*ACTIVITY:* Please repeat the listing below in its entirety, exactly.

*INFORMATION SHOWN:*
[Start of Attachment]

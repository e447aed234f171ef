-- ===== src/Api/Serializers.antt =====
-- Eve/api/v1/serializers.py: the representation of a cart, and the checks of the payloads that change
-- one. The checks of types in rest_framework's fields are arguments: a payload arrives with each
-- field read as its type, where it can be.
use Prim.Native.String.{count as str_length}
use django_app_eve.Prelude.{
  ℕ, ◌+◌, String, Option, none, some, Bool, List, [], ◌∷◌, map, ◌&&◌, not, leb, str_eq,
  if◌then◌else◌,
}
use django_app_eve.Ecommerce.Cart.{LineItem, Cart, max_request_quantity}
use django_app_eve.Ecommerce.Quantity.{Integer}
use django_app_eve.Ecommerce.Storefront.{Money}

-- A field of a payload: left out, of another type, or a value.
pub data Input (A : Type 0) : Type 0 where
  absent malformed : Input A
  value : A → Input A

-- What the serializers of a cart give, with the amounts of its items rounded.
pub record ItemView (A : Type 0) : Type 0 where
  pub product_id : String
  pub slug : String
  pub name : String
  pub thumbnail_url : Option String
  pub quantity : ℕ
  pub unit_amount : A
  pub unit_currency : String
  pub line_total : A

pub record View (A : Type 0) : Type 0 where
  pub items : List (ItemView A)
  pub item_count : ℕ
  pub total : A
  pub currency : String
  pub updated_at : ℕ

abbrev or_eur : String → String
or_eur currency = if str_eq currency "" then "EUR" else currency

-- `sum` of a list of counts.
abbrev pub sum : List ℕ → ℕ
sum [] = 0
sum (n ∷ rest) = n + sum rest

-- `IntegerField(min_value=1, max_value=MAX_REQUEST_QUANTITY)`
unfoldable pub valid_quantity : Integer → Option ℕ
valid_quantity i =
    if not i.is_negative && (leb 1 i.size && leb i.size max_request_quantity)
    then some i.size
    else none

-- The quantity of `AddCartItemSerializer` is 1 where it is left out.
unfoldable pub add_quantity : Input Integer → Option ℕ
unfolding valid_quantity
add_quantity absent = some 1
add_quantity malformed = none
add_quantity (value i) = valid_quantity i

-- That of `UpdateCartItemSerializer` is required.
unfoldable pub update_quantity : Input Integer → Option ℕ
unfolding valid_quantity
update_quantity (value i) = valid_quantity i
update_quantity _ = none

-- `SlugField(max_length=255)`; `is_slug` is its pattern.
unfoldable pub valid_slug : (String → Bool) → Input String → Option String
valid_slug is_slug (value s) =
    if not (str_eq s "") && (is_slug s && leb (str_length s) 255) then some s else none
valid_slug is_slug _ = none

module _ (money : Money) where
  open money use {Amount, zero_amount, float, plus, times, round}

  abbrev or_zero : Option Amount → Amount
  or_zero none = zero_amount
  or_zero (some a) = a

  -- `CartItemSerializer.to_representation`
  unfoldable pub item_view : LineItem → ItemView Amount
  item_view i =
      let unit_amount = or_zero (float i.price_amount) in
      record {
        product_id = i.product_id;
        slug = i.slug;
        name = i.name;
        thumbnail_url = i.thumbnail_url;
        quantity = i.quantity;
        unit_amount = unit_amount;
        unit_currency = or_eur i.price_currency;
        line_total = round (times unit_amount i.quantity);
      }

  -- The currency of the first item that has one.
  unfoldable pub first_currency : List (ItemView Amount) → String
  first_currency [] = "EUR"
  first_currency (i ∷ rest) =
      let later = first_currency rest in
      if str_eq i.unit_currency "" then later else i.unit_currency

  unfoldable pub sum_amounts : Amount → List (ItemView Amount) → Amount
  sum_amounts total [] = total
  sum_amounts total (i ∷ rest) = sum_amounts (plus total i.line_total) rest

  -- `CartSerializer.to_representation`
  unfoldable pub cart_representation : Cart → View Amount
  unfolding item_view first_currency sum_amounts
  cart_representation c =
      let items = map item_view c.items in
      record {
        items = items;
        item_count = sum (map (λ (i : ItemView Amount). i.quantity) items);
        total = round (sum_amounts zero_amount items);
        currency = first_currency items;
        updated_at = c.updated_at;
      }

[End of Attachment]

*TASK RESULT:*
repository e447aed234f171ef
-- ===== src/Api/Serializers.antt =====
-- Eve/api/v1/serializers.py: the representation of a cart, and the checks of the payloads that change
-- one. The checks of types in rest_framework's fields are arguments: a payload arrives with each
-- field read as its type, where it can be.
use Prim.Native.String.{count as str_length}
use django_app_eve.Prelude.{
  ℕ, ◌+◌, String, Option, none, some, Bool, List, [], ◌∷◌, map, ◌&&◌, not, leb, str_eq,
  if◌then◌else◌,
}
use django_app_eve.Ecommerce.Cart.{LineItem, Cart, max_request_quantity}
use django_app_eve.Ecommerce.Quantity.{Integer}
use django_app_eve.Ecommerce.Storefront.{Money}

-- A field of a payload: left out, of another type, or a value.
pub data Input (A : Type 0) : Type 0 where
  absent malformed : Input A
  value : A → Input A

-- What the serializers of a cart give, with the amounts of its items rounded.
pub record ItemView (A : Type 0) : Type 0 where
  pub product_id : String
  pub slug : String
  pub name : String
  pub thumbnail_url : Option String
  pub quantity : ℕ
  pub unit_amount : A
  pub unit_currency : String
  pub line_total : A

pub record View (A : Type 0) : Type 0 where
  pub items : List (ItemView A)
  pub item_count : ℕ
  pub total : A
  pub currency : String
  pub updated_at : ℕ

abbrev or_eur : String → String
or_eur currency = if str_eq currency "" then "EUR" else currency

-- `sum` of a list of counts.
abbrev pub sum : List ℕ → ℕ
sum [] = 0
sum (n ∷ rest) = n + sum rest

-- `IntegerField(min_value=1, max_value=MAX_REQUEST_QUANTITY)`
unfoldable pub valid_quantity : Integer → Option ℕ
valid_quantity i =
    if not i.is_negative && (leb 1 i.size && leb i.size max_request_quantity)
    then some i.size
    else none

-- The quantity of `AddCartItemSerializer` is 1 where it is left out.
unfoldable pub add_quantity : Input Integer → Option ℕ
unfolding valid_quantity
add_quantity absent = some 1
add_quantity malformed = none
add_quantity (value i) = valid_quantity i

-- That of `UpdateCartItemSerializer` is required.
unfoldable pub update_quantity : Input Integer → Option ℕ
unfolding valid_quantity
update_quantity (value i) = valid_quantity i
update_quantity _ = none

-- `SlugField(max_length=255)`; `is_slug` is its pattern.
unfoldable pub valid_slug : (String → Bool) → Input String → Option String
valid_slug is_slug (value s) =
    if not (str_eq s "") && (is_slug s && leb (str_length s) 255) then some s else none
valid_slug is_slug _ = none

module _ (money : Money) where
  open money use {Amount, zero_amount, float, plus, times, round}

  abbrev or_zero : Option Amount → Amount
  or_zero none = zero_amount
  or_zero (some a) = a

  -- `CartItemSerializer.to_representation`
  unfoldable pub item_view : LineItem → ItemView Amount
  item_view i =
      let unit_amount = or_zero (float i.price_amount) in
      record {
        product_id = i.product_id;
        slug = i.slug;
        name = i.name;
        thumbnail_url = i.thumbnail_url;
        quantity = i.quantity;
        unit_amount = unit_amount;
        unit_currency = or_eur i.price_currency;
        line_total = round (times unit_amount i.quantity);
      }

  -- The currency of the first item that has one.
  unfoldable pub first_currency : List (ItemView Amount) → String
  first_currency [] = "EUR"
  first_currency (i ∷ rest) =
      let later = first_currency rest in
      if str_eq i.unit_currency "" then later else i.unit_currency

  unfoldable pub sum_amounts : Amount → List (ItemView Amount) → Amount
  sum_amounts total [] = total
  sum_amounts total (i ∷ rest) = sum_amounts (plus total i.line_total) rest

  -- `CartSerializer.to_representation`
  unfoldable pub cart_representation : Cart → View Amount
  unfolding item_view first_currency sum_amounts
  cart_representation c =
      let items = map item_view c.items in
      record {
        items = items;
        item_count = sum (map (λ (i : ItemView Amount). i.quantity) items);
        total = round (sum_amounts zero_amount items);
        currency = first_currency items;
        updated_at = c.updated_at;
      }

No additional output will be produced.